Changes from one column to another, especially between the Congress and the BJP, would be possible and by and large in the plus/minus 1/2 range for each state and should even out. For the Congress to come ahead, though, almost all of these would have to be plus Congress and minus BJP, which seems a little less likely. (Click here for table General Elections 2009)

As with all others writing on the subject, I see no combination crossing the magic number of 273 seats, which is no surprise at all. Where my analysis differs from others is that while I see the BJP at the same number as in 2004 (138), I see a decline in the Congress strength to around 120, whereas the consensus figure is around 150. There are several reasons for this.

First, while neither major party has a lock on any of the 40-plus seat states any longer — or even a sizeable (meaning number 1 or number 2) presence in them except the Congress in AP — there is a core BJP vote in certain larger states (eg Gujarat, Madhya Pradesh, Rajasthan, Maharashtra, Karnataka — a more recent phenomenon), and even in some of the smaller ones (HP, Chhattisgarh, Jharkhand, Uttarakhand and possibly urban Punjab and parts of Orissa). This is the committed Hindu vote, with or without Modi and not swayed by personalities and current event appeals. It gives the BJP its core strength of 80-100 seats in the Lok Sabha. By contrast, the Congress, which had a similar base once, seems to have lost it some time ago. Its relatively secure seats in Maharashtra, Andhra, Orissa, Chhattisgarh, Rajasthan and Karnataka are all now under attack from allies or enemies and can no longer be taken for granted, although they could be good for 50-plus seats. This base could be eroded by influences of personalities and current happenings.

Third, the talk of the BJP losing its way, being leaderless, lost in factionalism, the Congress basking in the afterglow of five years in government led by a decent man, etc are all a mirror image of what appeared five years ago. We know what happened then.

This picture leaves the President, the Congress apparatchik handpicked for just such an eventuality, in a quandary: precedent demands that she call the largest single party first, which in this case would be the BJP. The opportunist seats from the “Allies” and “Others” (except the Left) would then gravitate towards the BJP. If the Congress is in the pole position, it would attract these same birds of passage, and possibly even the Left.

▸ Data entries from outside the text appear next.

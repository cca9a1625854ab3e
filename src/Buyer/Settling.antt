-- ===== src/Buyer/Settling.antt =====
-- The steps of internal/buyer that follow a decision: what each leaves on the trail.
use agent_mart.Prelude.{◌≡◌, ◌⊎◌, inl, inr, refl, ap, true, false, List, ◌∷◌}
use agent_mart.Prelude.Int.{ℤ}
use agent_mart.Prelude.Text.{Text}
use agent_mart.Prelude.Ensures.{
  Ensures, Ensures-bind, Ensures-refuse_if, Ensures-lift, Ensures-pure,
}
use agent_mart.Gate.Defs.{Decision, Duration}
use agent_mart.Catalog.{Product}
use agent_mart.Wallet.{FulfillRequest}
use agent_mart.Buyer.World.{
  ApprovalRequest, ApprovalResult, create_approval, World, Account, Trail, fulfill_order, Notes,
}
use agent_mart.Buyer.Trail.{
  Ready, Armed, Paid, Keyed, PaidAtMost, Ready-cons, Armed-cons, Armed-order, Ensures-call,
  Ensures-answer, Matches,
}
use agent_mart.Prelude.Result.{ok}
use agent_mart.Buyer.Approval.{new_approval_request, create}
use agent_mart.Buyer.Settlement.{
  create_wallet_artifact, fulfill, fulfill_request, settle, SettleRequest,
}
use agent_mart.Buyer.Purchase.{
  ask_person, amounts, PurchaseRequest, PurchaseResult, settle_request, spend,
}

module _ (age : Duration) (fs : List FulfillRequest) where
  -- What a request for approval says is what was asked for: of the account that the store gave for
  -- this person, of the product that the catalog has under this id, and of the amounts that they
  -- come to.
  pub record Terms (w : World) (r : PurchaseRequest) (q : ApprovalRequest) : Type 0 where
    pub account : Account
    pub linked : (t : Trail) × (w.account t r.telegram_id ≡ ok account)
    pub product : Product
    pub priced : (t : Trail) × (w.product t r.product_id ≡ ok product)
    pub same_person : q.telegram_id ≡ r.telegram_id
    pub same_account : q.account_id ≡ account.id
    pub same_product : q.product_id ≡ product.id
    pub same_quantity : q.quantity ≡ r.quantity
    pub same_amounts : amounts r product ≡ ok (q.base_amount_paise, q.final_amount_paise)
    pub same_bundle : q.bundled_paise ≡ r.bundled_paise
    pub same_key : q.idempotency_key ≡ r.idempotency_key

  -- The last call stored such a request, and the result has its amount and the store's token.
  abbrev pub Locked : World → PurchaseRequest → PurchaseResult → Trail → Type 0
  Locked w r x t =
      (q : ApprovalRequest) × (before : Trail) × (t ≡ create_approval q ∷ before)
      × Terms w r q
      × (q.final_amount_paise ≡ x.amount_paise)
      × ((a : ApprovalResult) × (w.approval before q ≡ ok a) × (x.approval_token ≡ a.token))

  abbrev pub Unpaid : World → PurchaseRequest → PurchaseResult → Trail → Type 0
  Unpaid w r x t =
      (x.fulfilled ≡ false) × Ready age fs t × (x.approval_required ≡ true → Locked w r x t)

  -- A fulfilled result goes with one payment, of what it reports; any other with none.
  abbrev pub Reported : World → PurchaseRequest → PurchaseResult → Trail → Type 0
  Reported w r x t =
      (x.fulfilled ≡ true)
        × (x.approval_required ≡ false)
        × Paid age fs
            (λ f.
              (f.idempotency_key ≡ r.idempotency_key)
              × (f.final_amount_paise ≡ x.amount_paise)
              × (f.razorpay_order_id ≡ x.razorpay_order_id))
            t
      ⊎ Unpaid w r x t

  artifact_ensures :
      (w : World) (d : Decision) (key : Text) (amount : ℤ) (receipt : Text) (notes : Notes)
      → Ensures
          (Armed age fs d)
          (create_wallet_artifact w amount receipt notes)
          (λ _. Armed age fs d)
          (λ _. PaidAtMost age fs key)
  unfolding create_wallet_artifact
  artifact_ensures w d key amount receipt notes =
      Ensures-bind (λ _. Armed age fs d) _ _ (Ensures-refuse_if _ _ (λ s p. inl p.0))
        (λ _.
          Ensures-bind (λ _. Armed age fs d) _ _
            (Ensures-call _ _ (λ a t p. Armed-cons age fs d _ t refl p)
              (λ e t p. inl (Ready-cons age fs _ t refl p.0)))
            (λ id.
              Ensures-bind (λ _. Armed age fs d) _ _ (Ensures-refuse_if _ _ (λ s p. inl p.0))
                (λ _. Ensures-pure id (λ s p. p))))

  stamped-Matches :
      (f : FulfillRequest) (d : Decision) (run : Text)
      → Matches f d
      → Matches (record f { run_id = run }) d
  stamped-Matches f d run m = record {
    same_account = m.same_account;
    same_product = m.same_product;
    same_quantity = m.same_quantity;
    same_base = m.same_base;
    same_final = m.same_final;
  }

  Paid-Keyed :
      (f : FulfillRequest) (run : Text) (t : Trail)
      → Paid age fs (λ g. g ≡ record f { run_id = run }) t
      → Paid age fs (Keyed age fs f.idempotency_key) t
  Paid-Keyed f run t (g, f', k, e) = (g, f', k, ap (λ h. h.idempotency_key) e)

  fulfill_ensures :
      (w : World) (d : Decision) (f : FulfillRequest)
      → Matches f d
      → Ensures
          (Armed age fs d)
          (fulfill w f)
          (λ _. Paid age fs (λ g. g ≡ record f { run_id = w.run_id }))
          (λ _. PaidAtMost age fs f.idempotency_key)
  unfolding fulfill
  fulfill_ensures w d f m =
      let stamped = record f { run_id = w.run_id } in
      let paid : (t : Trail)
          → Armed age fs d t
          → Paid age fs (λ g. g ≡ stamped) (fulfill_order stamped ∷ t) =
        λ t p.
          let (g, k) = Armed-order age fs d stamped t (stamped-Matches f d w.run_id m) p in
          (g, stamped, k, refl) in
      Ensures-bind (λ _. Armed age fs d) _ _ (Ensures-lift _ (λ e s p. inl p.0))
        (λ _.
          Ensures-bind (λ _. Paid age fs (λ g. g ≡ stamped)) _ _
            (Ensures-call _ _ (λ a t p. paid t p)
              (λ e t p. inr (Paid-Keyed f w.run_id _ (paid t p))))
            (λ answer. Ensures-lift _ (λ e s p. inr (Paid-Keyed f w.run_id _ p))))

  settle_ensures :
      (w : World) (d : Decision) (r : SettleRequest)
      → ((artifact : Text) → Matches (fulfill_request r artifact) d)
      → Ensures
          (Armed age fs d)
          (settle w r)
          (λ x. Paid age fs (λ f.
            (f.idempotency_key ≡ r.idempotency_key)
            × (f.final_amount_paise ≡ r.final_amount_paise)
            × (f.razorpay_order_id ≡ x.gateway_order_id)))
          (λ _. PaidAtMost age fs r.idempotency_key)
  unfolding settle
  settle_ensures w d r m =
      Ensures-bind (λ _. Armed age fs d) _ _ (artifact_ensures w d r.idempotency_key _ _ _)
        (λ artifact.
          Ensures-bind
            (λ _. Paid age fs (λ g. g ≡ record (fulfill_request r artifact) { run_id = w.run_id }))
            _ _ (fulfill_ensures w d (fulfill_request r artifact) (m artifact))
            (λ order. Ensures-pure _ (λ s p. (
              p.0,
              p.1,
              p.2,
              (
                ap (λ g. g.idempotency_key) p.3,
                ap (λ g. g.final_amount_paise) p.3,
                ap (λ g. g.razorpay_order_id) p.3,
              ),
            ))))

  pub spend_ensures :
      (w : World) (r : PurchaseRequest) (d : Decision)
      → Ensures
          (Armed age fs d)
          (spend w r d)
          (Reported w r)
          (λ _. PaidAtMost age fs r.idempotency_key)
  unfolding spend
  spend_ensures w r d =
      Ensures-bind
        (λ x. Paid age fs (λ f.
          (f.idempotency_key ≡ r.idempotency_key)
          × (f.final_amount_paise ≡ d.request.final_amount_paise)
          × (f.razorpay_order_id ≡ x.gateway_order_id)))
        _ _
        (settle_ensures w d (settle_request r d.request) (λ artifact. record {
          same_account = refl;
          same_product = refl;
          same_quantity = refl;
          same_base = refl;
          same_final = refl;
        }))
        (λ settled. Ensures-pure _ (λ s p. inl (refl, refl, p)))

  pub ask_ensures :
      (w : World) (r : PurchaseRequest) (account : Account) (product : Product) (base final : ℤ)
      (reason : Text)
      → (t : Trail) × (w.account t r.telegram_id ≡ ok account)
      → (t : Trail) × (w.product t r.product_id ≡ ok product)
      → amounts r product ≡ ok (base, final)
      → Ensures
          (Ready age fs)
          (ask_person w r account product base final reason)
          (Unpaid w r)
          (λ _. Ready age fs)
  unfolding ask_person new_approval_request create
  ask_ensures w r account product base final reason ha hp hm =
      Ensures-bind (λ q t. Ready age fs t × Terms w r q × (q.final_amount_paise ≡ final)) _ _
        (Ensures-bind (λ _. Ready age fs) _ _
          (Ensures-call _ _ (λ a t p. Ready-cons age fs _ t refl p)
            (λ e t p. Ready-cons age fs _ t refl p))
          (λ token. Ensures-pure _ (λ s p. (
            p,
            record {
              account = account;
              linked = ha;
              product = product;
              priced = hp;
              same_person = refl;
              same_account = refl;
              same_product = refl;
              same_quantity = refl;
              same_amounts = hm;
              same_bundle = refl;
              same_key = refl;
            },
            refl,
          ))))
        (λ q.
          Ensures-bind
            (λ a t.
              Ready age fs t
              × ((before : Trail) × (t ≡ create_approval q ∷ before)
                  × Terms w r q
                  × (q.final_amount_paise ≡ final)
                  × (w.approval before q ≡ ok a)))
            _ _
            (Ensures-bind (λ _ t. Ready age fs t × Terms w r q × (q.final_amount_paise ≡ final)) _ _
              (Ensures-lift _ (λ e s p. p.0))
              (λ _.
                Ensures-answer _ _
                  (λ a t k p. (Ready-cons age fs _ t refl p.0, (t, refl, p.1, p.2, k)))
                  (λ e t p. Ready-cons age fs _ t refl p.0)))
            (λ approval. Ensures-pure _ (λ s p. (
              refl,
              p.0,
              λ _.
                  let (before, k, terms, same, stored) = p.1 in
                  (q, before, k, terms, same, (approval, stored, refl)),
            ))))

The President might throw the precedent out of the window and call the head of the largest pre-poll alliance first. Depending on how this is interpreted, it could be either! Or she might just wait until someone comes up with a list of all the “bought” horses adding up to the magic number of 273.

Arun Nehru says that whoever gets the support of a majority of the 120 seats from UP and Bihar will be in power, which political assessment should be acceptable. By every account, Mayawati will get 35-plus seats from UP. That leaves only 85 seats for the others. No single party or combination will get 60 of these. It is also unlikely that the RJD/LJP/SP combo and the Congress would get 60 seats between them, because that would leave the JD(U)/BJP and RLD/BJP 25 seats or less in the two states. This would become even more difficult if Mayawati crosses 40 seats in UP, which is more likely than any other possibility giving any other formation(s) 60 seats.

Therefore, the only way anyone could command the support of the majority of UP/Bihar MPs is if Mayawati goes with them. This is even more worrisome than the prospect of her becoming the Prime Minister, because in this very likely and probable scenario, she will enjoy immense power including veto on most crucial aspects without any responsibility or answerability, surpassing Sonia Gandhi’s position between 2004 and 2009.

This is likely to be further worsened by the imminent prospect of the same combination having to woo the Empress of Poes Garden as well. Two extra-constitutional and entirely autocratic power centres for the price of one (barely worth the name) government!

Should we cry for our benighted country?